● Try it
Below are the entries to work from; restate word for word the portion that opens with the line containing "own_task workspace_id task_id" and closes with the line containing "due_at = schedule.scheduled_for;", keeping both.

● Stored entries
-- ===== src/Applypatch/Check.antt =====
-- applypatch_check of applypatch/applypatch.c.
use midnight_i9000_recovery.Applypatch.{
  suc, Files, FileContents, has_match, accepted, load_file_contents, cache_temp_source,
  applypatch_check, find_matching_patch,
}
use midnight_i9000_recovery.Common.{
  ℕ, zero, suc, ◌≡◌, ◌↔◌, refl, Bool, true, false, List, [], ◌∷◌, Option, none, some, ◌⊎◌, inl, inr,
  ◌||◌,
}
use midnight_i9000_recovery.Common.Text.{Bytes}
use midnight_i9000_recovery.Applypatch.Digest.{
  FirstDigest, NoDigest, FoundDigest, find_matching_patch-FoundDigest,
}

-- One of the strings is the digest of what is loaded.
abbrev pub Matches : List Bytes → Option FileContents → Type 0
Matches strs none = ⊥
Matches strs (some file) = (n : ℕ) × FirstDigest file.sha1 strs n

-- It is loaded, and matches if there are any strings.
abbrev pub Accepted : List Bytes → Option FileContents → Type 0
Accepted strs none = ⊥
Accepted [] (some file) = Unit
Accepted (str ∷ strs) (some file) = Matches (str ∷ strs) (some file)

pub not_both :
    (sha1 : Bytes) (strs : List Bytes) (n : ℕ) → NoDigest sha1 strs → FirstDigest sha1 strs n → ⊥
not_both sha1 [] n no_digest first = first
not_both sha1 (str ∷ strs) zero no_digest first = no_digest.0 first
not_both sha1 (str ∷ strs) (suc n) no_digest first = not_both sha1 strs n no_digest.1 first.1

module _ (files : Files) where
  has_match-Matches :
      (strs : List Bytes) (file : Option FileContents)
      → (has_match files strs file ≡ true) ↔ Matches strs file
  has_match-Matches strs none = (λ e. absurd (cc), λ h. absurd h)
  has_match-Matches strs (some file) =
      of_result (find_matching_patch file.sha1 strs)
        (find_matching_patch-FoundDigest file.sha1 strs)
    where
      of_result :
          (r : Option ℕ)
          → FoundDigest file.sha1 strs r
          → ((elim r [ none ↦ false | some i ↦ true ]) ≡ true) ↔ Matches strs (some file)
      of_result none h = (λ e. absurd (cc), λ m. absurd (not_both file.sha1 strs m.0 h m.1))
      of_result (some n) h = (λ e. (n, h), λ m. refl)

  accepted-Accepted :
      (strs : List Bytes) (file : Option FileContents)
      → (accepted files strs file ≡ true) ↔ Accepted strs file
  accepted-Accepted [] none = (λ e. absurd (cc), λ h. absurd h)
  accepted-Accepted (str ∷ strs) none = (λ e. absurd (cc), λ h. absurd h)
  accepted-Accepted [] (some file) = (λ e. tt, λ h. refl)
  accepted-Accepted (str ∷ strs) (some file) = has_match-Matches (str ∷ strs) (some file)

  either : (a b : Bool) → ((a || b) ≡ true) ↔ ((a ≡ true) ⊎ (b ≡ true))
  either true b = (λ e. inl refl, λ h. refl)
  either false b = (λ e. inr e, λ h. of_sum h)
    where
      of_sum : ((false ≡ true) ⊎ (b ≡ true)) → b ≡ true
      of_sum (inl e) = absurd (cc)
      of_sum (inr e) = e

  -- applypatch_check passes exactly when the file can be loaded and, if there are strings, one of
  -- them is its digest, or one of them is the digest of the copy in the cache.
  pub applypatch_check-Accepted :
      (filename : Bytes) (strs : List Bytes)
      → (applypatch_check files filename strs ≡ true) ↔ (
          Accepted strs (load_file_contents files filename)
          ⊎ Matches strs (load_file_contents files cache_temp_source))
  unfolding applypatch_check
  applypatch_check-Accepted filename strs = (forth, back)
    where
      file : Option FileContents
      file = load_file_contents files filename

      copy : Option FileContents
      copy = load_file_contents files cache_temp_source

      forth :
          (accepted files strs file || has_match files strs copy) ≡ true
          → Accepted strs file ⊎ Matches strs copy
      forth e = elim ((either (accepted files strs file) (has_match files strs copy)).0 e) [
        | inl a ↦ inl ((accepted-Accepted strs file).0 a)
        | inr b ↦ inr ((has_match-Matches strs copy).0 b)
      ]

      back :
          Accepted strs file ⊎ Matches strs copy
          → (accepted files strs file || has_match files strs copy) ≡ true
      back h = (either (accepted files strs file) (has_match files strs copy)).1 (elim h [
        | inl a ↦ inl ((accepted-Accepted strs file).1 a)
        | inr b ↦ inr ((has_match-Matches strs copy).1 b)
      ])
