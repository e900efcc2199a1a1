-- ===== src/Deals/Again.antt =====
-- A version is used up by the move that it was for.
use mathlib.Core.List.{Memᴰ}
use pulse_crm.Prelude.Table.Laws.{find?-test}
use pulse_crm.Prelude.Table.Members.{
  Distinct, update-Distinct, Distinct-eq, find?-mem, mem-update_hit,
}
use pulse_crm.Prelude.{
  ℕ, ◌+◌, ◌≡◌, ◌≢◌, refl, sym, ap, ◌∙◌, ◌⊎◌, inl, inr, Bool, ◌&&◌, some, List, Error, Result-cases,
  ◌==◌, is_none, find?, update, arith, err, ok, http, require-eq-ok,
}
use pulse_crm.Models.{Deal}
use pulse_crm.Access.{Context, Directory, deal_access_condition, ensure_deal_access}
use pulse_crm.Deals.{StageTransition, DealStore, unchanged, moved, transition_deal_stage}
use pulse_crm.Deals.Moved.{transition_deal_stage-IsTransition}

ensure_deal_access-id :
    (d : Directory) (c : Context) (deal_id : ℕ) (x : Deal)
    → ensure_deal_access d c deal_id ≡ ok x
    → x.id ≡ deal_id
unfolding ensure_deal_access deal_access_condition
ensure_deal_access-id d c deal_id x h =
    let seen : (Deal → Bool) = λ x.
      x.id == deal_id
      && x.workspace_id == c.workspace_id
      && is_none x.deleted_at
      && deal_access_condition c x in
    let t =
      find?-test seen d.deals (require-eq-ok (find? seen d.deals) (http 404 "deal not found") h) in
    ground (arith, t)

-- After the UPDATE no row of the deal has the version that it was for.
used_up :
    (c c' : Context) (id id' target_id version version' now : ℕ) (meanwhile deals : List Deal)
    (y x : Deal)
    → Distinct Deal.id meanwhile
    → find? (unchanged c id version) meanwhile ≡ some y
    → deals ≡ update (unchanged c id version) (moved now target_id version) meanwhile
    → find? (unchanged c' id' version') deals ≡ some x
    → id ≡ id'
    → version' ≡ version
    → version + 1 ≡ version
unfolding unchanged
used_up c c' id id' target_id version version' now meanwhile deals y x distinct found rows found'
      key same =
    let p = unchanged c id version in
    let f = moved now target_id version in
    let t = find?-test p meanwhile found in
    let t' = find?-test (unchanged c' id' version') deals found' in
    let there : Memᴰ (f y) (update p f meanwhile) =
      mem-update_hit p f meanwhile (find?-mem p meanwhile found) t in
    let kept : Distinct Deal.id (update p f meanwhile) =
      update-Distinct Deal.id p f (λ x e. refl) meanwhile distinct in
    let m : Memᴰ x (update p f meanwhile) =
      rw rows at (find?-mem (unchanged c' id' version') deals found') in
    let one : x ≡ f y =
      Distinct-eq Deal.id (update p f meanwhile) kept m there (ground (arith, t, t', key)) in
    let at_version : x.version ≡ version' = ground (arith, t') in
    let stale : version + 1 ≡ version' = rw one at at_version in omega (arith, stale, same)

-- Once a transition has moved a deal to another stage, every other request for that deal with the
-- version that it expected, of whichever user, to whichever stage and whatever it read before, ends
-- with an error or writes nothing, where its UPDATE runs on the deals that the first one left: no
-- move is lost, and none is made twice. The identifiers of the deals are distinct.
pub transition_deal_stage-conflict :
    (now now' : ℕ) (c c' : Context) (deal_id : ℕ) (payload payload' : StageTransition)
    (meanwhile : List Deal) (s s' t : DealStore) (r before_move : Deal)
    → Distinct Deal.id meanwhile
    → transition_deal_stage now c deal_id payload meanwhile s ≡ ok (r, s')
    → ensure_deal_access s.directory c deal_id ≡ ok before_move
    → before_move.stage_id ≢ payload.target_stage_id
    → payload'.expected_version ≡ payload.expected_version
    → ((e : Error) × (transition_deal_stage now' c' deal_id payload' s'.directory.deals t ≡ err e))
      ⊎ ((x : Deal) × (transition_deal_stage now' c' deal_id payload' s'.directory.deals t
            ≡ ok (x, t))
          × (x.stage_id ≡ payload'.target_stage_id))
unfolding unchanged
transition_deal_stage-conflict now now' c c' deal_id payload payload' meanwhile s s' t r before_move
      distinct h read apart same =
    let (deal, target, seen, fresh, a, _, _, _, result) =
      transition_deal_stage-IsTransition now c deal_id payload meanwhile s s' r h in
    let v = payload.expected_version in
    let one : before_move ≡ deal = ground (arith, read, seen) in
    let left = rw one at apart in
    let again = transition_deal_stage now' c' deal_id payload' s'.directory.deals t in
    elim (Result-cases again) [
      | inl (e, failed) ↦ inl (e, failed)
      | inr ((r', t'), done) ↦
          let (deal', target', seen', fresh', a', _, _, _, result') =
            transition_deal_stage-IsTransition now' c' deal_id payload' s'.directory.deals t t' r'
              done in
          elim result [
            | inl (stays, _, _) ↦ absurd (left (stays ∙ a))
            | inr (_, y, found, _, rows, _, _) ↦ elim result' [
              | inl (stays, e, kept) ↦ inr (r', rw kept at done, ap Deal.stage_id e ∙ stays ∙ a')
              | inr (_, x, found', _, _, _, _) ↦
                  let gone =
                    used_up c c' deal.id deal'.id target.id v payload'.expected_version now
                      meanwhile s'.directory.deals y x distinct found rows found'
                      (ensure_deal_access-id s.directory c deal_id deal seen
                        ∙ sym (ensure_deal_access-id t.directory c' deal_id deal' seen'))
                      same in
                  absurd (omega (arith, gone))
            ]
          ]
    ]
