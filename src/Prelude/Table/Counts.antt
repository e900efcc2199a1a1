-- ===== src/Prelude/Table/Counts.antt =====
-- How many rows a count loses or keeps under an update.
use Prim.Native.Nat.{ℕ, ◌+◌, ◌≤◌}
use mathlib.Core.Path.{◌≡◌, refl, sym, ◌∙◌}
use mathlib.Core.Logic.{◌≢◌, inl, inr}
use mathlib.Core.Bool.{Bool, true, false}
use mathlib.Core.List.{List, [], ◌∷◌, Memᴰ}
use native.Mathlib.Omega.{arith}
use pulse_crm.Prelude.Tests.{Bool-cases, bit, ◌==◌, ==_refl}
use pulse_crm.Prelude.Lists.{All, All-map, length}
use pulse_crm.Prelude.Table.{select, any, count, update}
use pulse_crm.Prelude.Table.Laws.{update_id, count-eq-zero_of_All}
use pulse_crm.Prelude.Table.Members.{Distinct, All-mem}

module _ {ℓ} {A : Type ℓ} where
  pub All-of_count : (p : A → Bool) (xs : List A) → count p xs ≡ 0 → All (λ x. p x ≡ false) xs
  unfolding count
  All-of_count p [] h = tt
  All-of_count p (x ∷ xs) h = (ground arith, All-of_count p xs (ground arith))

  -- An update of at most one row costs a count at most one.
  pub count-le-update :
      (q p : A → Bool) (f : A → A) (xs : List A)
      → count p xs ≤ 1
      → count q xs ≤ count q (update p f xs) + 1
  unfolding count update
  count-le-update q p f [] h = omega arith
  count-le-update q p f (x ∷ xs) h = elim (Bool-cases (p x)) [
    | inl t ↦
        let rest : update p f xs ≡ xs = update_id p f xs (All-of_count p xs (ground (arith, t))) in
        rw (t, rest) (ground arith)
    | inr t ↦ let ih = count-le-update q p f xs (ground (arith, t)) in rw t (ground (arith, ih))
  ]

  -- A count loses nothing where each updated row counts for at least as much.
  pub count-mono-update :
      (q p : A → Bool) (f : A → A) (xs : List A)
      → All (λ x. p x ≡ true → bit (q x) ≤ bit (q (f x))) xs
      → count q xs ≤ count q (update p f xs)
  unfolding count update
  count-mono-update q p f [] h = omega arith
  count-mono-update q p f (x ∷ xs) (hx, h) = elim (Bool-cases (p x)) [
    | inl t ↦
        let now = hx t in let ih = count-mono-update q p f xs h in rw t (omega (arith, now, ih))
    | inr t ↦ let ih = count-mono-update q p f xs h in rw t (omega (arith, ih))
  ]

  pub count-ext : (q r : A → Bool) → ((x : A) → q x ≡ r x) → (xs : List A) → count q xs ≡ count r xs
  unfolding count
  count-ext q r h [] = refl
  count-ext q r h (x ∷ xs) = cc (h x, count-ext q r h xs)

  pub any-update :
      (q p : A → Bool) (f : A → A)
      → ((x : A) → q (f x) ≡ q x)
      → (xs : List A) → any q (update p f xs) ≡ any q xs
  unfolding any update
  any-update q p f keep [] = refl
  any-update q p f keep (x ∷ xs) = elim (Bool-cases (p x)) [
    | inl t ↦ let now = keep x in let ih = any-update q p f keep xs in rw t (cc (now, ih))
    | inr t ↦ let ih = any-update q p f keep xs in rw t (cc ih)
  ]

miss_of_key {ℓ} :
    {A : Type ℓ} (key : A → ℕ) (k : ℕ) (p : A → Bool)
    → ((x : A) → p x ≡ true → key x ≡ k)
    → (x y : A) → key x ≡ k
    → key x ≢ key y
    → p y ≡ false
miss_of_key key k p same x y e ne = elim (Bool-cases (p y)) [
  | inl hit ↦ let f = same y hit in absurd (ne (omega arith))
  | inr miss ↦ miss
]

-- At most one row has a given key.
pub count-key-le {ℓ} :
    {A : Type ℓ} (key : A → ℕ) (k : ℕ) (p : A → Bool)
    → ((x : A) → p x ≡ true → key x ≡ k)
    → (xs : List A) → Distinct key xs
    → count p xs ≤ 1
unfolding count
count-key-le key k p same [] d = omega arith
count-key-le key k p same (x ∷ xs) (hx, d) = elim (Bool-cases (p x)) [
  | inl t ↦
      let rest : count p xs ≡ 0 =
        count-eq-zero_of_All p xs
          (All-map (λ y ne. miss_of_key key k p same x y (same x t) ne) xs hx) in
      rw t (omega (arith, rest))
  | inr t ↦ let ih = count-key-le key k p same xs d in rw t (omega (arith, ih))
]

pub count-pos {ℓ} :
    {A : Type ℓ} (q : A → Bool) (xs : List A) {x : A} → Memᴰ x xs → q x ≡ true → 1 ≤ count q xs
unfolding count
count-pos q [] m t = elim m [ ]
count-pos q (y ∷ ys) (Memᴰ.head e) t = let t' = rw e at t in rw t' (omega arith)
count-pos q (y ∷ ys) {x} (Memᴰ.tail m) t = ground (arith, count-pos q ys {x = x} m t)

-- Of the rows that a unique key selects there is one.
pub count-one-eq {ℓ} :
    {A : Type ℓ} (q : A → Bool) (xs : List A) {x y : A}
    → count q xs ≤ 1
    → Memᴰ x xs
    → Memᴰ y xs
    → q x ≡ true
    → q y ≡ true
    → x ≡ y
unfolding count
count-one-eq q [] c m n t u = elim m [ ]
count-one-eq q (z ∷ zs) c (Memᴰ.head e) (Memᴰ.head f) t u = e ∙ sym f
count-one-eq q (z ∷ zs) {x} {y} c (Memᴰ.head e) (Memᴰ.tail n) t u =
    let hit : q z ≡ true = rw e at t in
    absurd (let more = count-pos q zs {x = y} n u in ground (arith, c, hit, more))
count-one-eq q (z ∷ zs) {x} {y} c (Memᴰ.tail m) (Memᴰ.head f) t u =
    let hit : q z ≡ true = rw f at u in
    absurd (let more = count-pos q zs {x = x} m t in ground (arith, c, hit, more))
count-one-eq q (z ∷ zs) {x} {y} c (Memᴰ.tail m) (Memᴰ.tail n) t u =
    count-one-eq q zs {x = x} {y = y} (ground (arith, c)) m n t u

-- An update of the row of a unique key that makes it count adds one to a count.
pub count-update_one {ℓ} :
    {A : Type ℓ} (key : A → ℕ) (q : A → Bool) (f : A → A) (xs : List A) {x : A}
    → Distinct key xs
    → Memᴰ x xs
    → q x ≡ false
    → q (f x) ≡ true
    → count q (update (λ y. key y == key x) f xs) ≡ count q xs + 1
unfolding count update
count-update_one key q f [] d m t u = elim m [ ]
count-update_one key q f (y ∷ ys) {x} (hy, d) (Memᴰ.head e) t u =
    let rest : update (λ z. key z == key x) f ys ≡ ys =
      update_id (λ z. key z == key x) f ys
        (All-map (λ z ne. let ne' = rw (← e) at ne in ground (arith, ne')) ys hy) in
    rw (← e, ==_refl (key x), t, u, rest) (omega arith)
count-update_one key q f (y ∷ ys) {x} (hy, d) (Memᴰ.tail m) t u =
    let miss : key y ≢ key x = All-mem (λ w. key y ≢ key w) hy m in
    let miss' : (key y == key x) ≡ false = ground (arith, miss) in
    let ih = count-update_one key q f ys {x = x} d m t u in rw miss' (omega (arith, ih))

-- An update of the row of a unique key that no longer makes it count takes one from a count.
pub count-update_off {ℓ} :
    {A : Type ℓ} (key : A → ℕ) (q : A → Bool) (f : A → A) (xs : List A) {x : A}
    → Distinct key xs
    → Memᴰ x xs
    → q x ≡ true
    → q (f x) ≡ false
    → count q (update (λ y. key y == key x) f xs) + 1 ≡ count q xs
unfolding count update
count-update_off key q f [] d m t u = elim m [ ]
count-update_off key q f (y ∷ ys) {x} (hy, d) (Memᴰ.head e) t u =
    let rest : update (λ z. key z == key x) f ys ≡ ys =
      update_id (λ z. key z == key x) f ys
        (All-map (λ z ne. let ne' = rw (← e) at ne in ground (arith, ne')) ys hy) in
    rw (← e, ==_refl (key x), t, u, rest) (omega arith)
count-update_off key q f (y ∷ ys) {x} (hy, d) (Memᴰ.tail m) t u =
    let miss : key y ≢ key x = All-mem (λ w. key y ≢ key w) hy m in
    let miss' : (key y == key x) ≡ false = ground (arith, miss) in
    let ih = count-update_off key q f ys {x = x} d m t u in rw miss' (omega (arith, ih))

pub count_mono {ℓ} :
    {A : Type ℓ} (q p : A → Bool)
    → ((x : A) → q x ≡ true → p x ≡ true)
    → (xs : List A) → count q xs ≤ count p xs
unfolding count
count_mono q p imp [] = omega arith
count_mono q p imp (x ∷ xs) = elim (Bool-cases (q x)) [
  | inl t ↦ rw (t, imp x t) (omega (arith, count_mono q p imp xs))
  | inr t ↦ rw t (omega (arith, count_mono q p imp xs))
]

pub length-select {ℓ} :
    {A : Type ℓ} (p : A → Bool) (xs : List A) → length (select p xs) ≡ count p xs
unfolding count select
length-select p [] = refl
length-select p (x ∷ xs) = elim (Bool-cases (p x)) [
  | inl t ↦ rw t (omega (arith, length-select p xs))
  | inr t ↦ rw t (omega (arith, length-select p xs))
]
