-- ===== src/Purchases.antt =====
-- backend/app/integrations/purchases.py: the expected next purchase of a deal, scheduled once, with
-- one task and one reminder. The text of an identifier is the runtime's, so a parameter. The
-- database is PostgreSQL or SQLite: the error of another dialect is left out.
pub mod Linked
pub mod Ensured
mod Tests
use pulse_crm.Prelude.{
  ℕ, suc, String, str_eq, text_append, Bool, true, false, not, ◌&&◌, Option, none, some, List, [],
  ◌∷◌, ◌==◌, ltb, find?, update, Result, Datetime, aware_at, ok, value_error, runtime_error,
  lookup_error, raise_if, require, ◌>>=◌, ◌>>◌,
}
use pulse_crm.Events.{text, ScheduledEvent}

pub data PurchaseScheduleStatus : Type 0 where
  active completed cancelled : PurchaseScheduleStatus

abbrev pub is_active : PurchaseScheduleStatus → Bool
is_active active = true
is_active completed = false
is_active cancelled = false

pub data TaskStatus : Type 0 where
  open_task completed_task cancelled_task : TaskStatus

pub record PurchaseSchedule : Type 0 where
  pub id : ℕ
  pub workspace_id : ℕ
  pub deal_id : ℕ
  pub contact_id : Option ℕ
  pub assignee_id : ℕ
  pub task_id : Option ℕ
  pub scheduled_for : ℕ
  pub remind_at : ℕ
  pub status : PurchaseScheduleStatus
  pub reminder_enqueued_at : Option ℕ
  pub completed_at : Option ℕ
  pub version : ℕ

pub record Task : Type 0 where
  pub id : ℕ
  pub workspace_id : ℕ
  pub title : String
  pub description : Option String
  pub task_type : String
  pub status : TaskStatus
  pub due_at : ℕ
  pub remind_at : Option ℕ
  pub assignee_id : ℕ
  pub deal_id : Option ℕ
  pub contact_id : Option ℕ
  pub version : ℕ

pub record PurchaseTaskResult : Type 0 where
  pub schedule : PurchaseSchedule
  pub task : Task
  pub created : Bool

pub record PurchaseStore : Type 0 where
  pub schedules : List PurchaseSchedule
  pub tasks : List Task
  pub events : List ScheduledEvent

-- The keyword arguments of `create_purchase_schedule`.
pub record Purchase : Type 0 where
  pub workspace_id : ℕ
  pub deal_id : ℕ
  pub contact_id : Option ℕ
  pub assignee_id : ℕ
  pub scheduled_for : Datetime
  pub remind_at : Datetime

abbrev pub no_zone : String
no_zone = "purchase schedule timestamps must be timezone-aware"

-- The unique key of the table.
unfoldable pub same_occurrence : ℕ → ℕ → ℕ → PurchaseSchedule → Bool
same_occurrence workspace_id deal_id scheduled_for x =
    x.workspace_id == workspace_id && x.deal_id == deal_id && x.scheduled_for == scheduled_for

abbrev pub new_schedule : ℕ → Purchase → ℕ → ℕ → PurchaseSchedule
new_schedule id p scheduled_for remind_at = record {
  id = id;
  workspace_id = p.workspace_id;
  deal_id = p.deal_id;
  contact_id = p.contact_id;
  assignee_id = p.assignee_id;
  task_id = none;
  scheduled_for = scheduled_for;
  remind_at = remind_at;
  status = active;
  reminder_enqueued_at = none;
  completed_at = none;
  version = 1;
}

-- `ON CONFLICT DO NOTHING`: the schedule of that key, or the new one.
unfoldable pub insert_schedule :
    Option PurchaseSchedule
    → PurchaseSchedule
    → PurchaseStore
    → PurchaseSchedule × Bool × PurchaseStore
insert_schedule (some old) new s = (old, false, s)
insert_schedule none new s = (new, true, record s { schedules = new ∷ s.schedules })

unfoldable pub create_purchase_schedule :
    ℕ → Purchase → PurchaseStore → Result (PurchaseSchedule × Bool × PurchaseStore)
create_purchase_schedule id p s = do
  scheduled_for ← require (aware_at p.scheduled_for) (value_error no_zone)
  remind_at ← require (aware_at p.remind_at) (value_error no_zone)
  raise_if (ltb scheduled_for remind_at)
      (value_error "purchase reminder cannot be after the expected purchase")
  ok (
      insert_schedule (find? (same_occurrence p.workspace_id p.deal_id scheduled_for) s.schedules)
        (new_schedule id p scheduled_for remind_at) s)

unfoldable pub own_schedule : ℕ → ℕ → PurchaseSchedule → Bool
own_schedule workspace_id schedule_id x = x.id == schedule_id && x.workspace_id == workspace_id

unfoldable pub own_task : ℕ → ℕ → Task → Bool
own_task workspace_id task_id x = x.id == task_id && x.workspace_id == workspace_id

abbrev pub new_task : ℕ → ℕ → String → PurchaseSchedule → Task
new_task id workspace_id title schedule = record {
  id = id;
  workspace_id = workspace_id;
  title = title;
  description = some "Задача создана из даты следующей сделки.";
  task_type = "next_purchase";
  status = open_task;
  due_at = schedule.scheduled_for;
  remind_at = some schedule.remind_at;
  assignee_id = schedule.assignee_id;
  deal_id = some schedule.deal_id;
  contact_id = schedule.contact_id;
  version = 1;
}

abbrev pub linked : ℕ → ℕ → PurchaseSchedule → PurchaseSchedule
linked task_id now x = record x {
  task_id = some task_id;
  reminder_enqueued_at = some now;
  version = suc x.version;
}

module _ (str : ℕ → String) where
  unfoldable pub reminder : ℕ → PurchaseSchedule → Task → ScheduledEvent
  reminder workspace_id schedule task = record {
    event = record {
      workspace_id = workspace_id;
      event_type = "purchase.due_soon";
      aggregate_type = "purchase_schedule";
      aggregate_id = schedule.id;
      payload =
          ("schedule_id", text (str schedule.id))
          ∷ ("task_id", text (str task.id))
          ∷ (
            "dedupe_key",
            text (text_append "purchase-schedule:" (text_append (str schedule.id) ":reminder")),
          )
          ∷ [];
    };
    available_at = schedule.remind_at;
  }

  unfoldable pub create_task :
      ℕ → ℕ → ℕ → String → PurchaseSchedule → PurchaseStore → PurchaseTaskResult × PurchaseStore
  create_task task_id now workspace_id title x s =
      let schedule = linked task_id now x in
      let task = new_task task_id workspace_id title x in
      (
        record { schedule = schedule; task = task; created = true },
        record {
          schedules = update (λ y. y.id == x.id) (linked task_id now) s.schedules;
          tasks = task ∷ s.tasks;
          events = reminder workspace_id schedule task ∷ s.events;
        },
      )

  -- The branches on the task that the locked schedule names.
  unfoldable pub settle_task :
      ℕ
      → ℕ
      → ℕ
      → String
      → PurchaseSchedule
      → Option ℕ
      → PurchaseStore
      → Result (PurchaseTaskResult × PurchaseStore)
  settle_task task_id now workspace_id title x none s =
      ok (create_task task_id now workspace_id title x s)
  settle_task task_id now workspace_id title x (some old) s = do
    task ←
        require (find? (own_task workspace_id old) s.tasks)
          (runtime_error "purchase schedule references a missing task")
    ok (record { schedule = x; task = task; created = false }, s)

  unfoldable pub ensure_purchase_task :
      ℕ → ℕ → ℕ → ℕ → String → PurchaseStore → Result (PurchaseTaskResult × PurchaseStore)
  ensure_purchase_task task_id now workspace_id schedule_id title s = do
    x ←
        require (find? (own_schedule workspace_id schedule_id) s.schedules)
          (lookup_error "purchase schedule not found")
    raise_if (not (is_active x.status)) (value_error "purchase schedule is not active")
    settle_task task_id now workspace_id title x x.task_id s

● Reply
own_task workspace_id task_id x = x.id == task_id && x.workspace_id == workspace_id

abbrev pub new_task : ℕ → ℕ → String → PurchaseSchedule → Task
new_task id workspace_id title schedule = record {
  id = id;
  workspace_id = workspace_id;
  title = title;
  description = some "Задача создана из даты следующей сделки.";
  task_type = "next_purchase";
  status = open_task;
  due_at = schedule.scheduled_for;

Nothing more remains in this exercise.